EXERCISE:
Please report how many lines of the listing hold the word "antt". Add nothing to the number.

________________________

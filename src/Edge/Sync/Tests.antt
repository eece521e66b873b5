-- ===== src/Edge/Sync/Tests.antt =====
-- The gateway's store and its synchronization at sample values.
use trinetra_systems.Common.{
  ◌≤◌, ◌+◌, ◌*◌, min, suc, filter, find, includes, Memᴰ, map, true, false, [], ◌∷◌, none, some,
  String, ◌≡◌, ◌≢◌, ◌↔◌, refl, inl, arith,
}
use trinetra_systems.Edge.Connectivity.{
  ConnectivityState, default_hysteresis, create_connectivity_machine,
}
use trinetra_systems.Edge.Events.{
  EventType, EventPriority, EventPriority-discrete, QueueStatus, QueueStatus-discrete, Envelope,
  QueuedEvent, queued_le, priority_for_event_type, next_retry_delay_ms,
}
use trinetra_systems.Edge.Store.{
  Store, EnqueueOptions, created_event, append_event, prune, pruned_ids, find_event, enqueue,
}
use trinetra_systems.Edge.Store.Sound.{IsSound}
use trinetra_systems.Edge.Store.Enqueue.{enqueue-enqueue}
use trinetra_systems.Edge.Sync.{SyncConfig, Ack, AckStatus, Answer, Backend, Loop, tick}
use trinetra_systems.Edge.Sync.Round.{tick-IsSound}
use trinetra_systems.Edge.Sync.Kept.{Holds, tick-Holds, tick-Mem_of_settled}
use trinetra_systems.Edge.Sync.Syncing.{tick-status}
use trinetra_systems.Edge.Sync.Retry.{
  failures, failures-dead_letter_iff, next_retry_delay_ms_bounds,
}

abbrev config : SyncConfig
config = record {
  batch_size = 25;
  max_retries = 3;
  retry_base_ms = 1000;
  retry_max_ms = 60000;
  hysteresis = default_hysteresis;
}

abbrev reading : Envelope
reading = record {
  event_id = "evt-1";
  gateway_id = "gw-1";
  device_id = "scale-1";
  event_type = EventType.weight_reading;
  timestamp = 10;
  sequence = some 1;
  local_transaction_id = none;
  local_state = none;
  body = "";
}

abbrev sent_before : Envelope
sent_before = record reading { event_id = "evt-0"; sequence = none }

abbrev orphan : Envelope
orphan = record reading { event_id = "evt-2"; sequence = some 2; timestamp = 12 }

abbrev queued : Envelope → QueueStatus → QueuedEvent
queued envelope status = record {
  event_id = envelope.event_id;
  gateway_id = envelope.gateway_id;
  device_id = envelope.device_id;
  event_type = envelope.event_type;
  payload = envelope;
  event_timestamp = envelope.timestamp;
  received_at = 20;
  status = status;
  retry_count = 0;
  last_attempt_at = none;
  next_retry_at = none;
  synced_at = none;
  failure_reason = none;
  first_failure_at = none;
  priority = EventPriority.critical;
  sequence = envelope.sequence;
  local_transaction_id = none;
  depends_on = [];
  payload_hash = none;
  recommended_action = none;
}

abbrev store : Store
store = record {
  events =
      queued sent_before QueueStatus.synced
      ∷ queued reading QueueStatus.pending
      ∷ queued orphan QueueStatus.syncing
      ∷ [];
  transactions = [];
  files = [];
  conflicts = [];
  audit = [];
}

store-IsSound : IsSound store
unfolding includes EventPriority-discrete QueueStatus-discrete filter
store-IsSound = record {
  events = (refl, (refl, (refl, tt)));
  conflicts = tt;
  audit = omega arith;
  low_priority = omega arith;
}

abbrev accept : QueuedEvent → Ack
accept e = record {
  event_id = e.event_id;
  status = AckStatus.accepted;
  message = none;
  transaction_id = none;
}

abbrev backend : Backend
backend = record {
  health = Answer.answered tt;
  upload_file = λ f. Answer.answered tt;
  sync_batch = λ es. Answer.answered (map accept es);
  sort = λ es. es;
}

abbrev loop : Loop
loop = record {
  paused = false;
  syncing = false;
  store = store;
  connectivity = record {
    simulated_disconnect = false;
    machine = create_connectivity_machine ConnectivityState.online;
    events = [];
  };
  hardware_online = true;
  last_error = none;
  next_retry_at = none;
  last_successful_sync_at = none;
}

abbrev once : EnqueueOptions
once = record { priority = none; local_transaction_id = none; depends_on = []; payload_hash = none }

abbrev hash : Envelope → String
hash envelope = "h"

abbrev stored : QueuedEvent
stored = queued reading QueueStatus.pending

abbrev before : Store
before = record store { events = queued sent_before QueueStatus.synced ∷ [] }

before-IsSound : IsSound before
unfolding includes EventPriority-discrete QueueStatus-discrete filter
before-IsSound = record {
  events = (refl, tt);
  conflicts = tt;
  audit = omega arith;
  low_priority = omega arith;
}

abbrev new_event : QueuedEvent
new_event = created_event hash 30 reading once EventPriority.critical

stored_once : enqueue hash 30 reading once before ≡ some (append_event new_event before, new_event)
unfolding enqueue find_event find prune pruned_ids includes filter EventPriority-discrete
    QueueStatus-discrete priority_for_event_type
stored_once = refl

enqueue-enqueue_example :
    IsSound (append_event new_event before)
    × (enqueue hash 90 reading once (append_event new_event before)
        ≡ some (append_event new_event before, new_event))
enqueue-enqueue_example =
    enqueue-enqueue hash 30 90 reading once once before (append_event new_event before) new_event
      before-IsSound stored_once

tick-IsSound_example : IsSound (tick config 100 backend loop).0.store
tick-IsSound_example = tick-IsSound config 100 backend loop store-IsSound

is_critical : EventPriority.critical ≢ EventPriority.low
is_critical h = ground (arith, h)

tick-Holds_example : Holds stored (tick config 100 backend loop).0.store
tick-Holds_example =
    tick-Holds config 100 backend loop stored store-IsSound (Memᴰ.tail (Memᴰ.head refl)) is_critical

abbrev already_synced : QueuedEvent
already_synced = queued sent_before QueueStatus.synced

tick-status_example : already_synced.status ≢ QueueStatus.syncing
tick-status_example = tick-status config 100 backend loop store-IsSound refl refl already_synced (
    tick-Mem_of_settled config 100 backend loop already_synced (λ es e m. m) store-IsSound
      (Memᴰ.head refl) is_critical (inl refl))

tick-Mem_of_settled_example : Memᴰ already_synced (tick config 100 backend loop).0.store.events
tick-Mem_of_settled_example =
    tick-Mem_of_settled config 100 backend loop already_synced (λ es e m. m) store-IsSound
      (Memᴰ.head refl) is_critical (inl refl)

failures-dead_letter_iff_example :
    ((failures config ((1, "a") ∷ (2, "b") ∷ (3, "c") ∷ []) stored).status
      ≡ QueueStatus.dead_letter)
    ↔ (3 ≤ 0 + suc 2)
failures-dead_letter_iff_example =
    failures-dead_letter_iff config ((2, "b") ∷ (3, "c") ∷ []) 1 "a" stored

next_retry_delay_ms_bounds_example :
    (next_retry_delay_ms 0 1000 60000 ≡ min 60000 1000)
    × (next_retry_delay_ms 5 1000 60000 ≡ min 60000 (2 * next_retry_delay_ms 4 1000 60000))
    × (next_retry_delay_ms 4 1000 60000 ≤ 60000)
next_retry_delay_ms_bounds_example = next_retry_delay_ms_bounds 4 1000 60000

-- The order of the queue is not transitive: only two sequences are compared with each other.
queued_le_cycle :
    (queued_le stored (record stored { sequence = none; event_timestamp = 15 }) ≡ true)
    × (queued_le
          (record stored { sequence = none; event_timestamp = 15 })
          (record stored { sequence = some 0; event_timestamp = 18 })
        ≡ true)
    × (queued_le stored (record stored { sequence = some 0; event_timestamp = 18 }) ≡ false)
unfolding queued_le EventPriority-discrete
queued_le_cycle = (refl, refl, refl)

________________________

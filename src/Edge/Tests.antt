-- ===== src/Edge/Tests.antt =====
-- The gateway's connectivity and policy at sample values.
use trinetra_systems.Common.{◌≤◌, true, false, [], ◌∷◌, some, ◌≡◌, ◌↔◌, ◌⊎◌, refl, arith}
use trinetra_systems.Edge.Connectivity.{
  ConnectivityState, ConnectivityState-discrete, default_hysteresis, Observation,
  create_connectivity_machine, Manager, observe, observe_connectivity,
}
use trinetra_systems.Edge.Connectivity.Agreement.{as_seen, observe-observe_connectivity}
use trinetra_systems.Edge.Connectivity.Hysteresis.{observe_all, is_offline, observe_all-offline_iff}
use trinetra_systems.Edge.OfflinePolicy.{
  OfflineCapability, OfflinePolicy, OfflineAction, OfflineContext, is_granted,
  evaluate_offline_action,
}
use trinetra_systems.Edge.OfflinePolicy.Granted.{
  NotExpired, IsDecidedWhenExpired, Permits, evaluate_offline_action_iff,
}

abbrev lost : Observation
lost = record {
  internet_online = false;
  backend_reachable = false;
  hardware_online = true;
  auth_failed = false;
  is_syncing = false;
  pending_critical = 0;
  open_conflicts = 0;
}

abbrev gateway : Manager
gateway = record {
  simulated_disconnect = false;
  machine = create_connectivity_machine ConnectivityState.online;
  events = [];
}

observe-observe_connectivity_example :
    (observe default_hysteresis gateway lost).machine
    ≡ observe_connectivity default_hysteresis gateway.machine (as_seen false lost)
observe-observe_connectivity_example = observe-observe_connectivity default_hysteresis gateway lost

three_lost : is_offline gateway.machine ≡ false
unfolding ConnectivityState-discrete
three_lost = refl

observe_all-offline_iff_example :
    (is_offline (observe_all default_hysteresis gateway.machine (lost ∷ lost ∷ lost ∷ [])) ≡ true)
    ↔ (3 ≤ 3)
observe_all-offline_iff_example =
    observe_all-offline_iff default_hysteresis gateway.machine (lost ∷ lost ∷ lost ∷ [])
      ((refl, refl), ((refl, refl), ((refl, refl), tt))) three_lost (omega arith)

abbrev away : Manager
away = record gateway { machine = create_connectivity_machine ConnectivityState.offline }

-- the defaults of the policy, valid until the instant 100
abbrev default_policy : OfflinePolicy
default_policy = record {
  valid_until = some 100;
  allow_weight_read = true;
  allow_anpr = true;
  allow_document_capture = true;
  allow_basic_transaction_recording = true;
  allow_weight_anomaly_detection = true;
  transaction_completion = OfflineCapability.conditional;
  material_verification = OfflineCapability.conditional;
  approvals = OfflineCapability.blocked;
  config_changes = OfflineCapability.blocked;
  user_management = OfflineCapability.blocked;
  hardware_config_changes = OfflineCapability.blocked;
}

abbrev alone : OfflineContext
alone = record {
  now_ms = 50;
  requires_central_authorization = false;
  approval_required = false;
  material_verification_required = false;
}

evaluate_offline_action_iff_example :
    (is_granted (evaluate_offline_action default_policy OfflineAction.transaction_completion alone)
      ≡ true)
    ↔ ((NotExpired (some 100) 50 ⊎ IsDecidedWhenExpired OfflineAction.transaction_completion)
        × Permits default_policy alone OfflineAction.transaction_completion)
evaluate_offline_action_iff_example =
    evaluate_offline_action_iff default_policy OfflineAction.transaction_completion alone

________________________

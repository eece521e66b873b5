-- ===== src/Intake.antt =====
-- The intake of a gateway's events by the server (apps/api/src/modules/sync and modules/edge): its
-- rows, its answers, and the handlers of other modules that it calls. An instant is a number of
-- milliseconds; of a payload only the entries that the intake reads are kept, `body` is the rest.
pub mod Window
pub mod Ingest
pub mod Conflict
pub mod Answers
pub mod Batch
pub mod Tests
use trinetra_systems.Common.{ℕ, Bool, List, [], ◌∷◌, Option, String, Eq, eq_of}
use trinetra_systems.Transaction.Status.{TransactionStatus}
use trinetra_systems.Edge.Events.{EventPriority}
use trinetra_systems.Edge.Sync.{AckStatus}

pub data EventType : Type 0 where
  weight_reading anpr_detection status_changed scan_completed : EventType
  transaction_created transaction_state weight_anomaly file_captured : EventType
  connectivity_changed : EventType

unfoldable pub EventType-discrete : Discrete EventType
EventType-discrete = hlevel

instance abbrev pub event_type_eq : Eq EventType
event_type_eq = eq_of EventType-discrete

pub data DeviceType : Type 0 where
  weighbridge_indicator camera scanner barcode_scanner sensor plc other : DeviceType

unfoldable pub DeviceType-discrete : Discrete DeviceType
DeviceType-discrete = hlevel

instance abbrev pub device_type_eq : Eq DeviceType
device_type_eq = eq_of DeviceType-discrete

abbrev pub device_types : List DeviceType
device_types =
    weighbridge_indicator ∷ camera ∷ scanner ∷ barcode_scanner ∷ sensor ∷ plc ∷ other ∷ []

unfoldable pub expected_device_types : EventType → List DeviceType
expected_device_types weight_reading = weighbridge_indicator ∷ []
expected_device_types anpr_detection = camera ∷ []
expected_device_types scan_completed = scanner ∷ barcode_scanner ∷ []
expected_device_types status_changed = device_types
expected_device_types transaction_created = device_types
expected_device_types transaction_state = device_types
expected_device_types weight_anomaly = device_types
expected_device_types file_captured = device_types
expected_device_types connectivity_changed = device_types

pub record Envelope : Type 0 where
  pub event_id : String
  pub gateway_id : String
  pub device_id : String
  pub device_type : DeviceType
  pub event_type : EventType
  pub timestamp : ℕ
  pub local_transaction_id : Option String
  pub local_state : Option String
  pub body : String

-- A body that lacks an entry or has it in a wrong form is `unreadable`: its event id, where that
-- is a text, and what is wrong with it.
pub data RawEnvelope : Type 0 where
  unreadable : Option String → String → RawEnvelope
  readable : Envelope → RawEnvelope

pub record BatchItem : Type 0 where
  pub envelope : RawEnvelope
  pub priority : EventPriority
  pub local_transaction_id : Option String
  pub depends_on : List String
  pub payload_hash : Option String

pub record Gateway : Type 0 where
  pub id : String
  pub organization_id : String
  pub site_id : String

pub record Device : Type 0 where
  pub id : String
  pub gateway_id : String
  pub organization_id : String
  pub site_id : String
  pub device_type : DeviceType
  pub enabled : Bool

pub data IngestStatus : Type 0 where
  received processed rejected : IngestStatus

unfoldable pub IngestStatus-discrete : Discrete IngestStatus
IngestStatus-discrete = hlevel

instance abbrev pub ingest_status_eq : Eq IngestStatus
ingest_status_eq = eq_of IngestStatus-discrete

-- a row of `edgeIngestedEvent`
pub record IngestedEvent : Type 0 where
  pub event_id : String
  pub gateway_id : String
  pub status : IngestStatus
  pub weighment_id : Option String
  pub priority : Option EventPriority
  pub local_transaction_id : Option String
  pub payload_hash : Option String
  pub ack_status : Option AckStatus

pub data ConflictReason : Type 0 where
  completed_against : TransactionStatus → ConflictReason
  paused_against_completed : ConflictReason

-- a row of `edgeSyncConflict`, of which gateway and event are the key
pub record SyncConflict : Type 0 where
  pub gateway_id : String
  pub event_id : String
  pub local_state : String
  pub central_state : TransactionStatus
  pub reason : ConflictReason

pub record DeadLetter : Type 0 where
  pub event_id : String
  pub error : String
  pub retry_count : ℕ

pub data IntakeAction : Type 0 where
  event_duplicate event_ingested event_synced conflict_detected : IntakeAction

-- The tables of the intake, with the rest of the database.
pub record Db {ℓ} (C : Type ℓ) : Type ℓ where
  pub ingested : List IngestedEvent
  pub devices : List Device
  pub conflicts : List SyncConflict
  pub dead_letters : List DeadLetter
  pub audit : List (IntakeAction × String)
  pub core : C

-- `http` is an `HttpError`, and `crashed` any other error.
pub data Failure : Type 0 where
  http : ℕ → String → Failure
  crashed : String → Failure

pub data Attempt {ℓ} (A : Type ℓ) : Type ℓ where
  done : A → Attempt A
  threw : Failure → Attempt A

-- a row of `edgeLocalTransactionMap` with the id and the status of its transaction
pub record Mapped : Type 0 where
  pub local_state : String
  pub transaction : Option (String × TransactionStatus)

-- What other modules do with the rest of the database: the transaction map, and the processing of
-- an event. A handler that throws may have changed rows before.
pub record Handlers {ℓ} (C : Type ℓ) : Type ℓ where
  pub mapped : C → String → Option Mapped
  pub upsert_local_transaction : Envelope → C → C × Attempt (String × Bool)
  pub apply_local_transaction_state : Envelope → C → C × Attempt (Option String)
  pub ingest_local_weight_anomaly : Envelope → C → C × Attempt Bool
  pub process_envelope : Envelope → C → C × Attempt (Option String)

________________________

REPLY:
5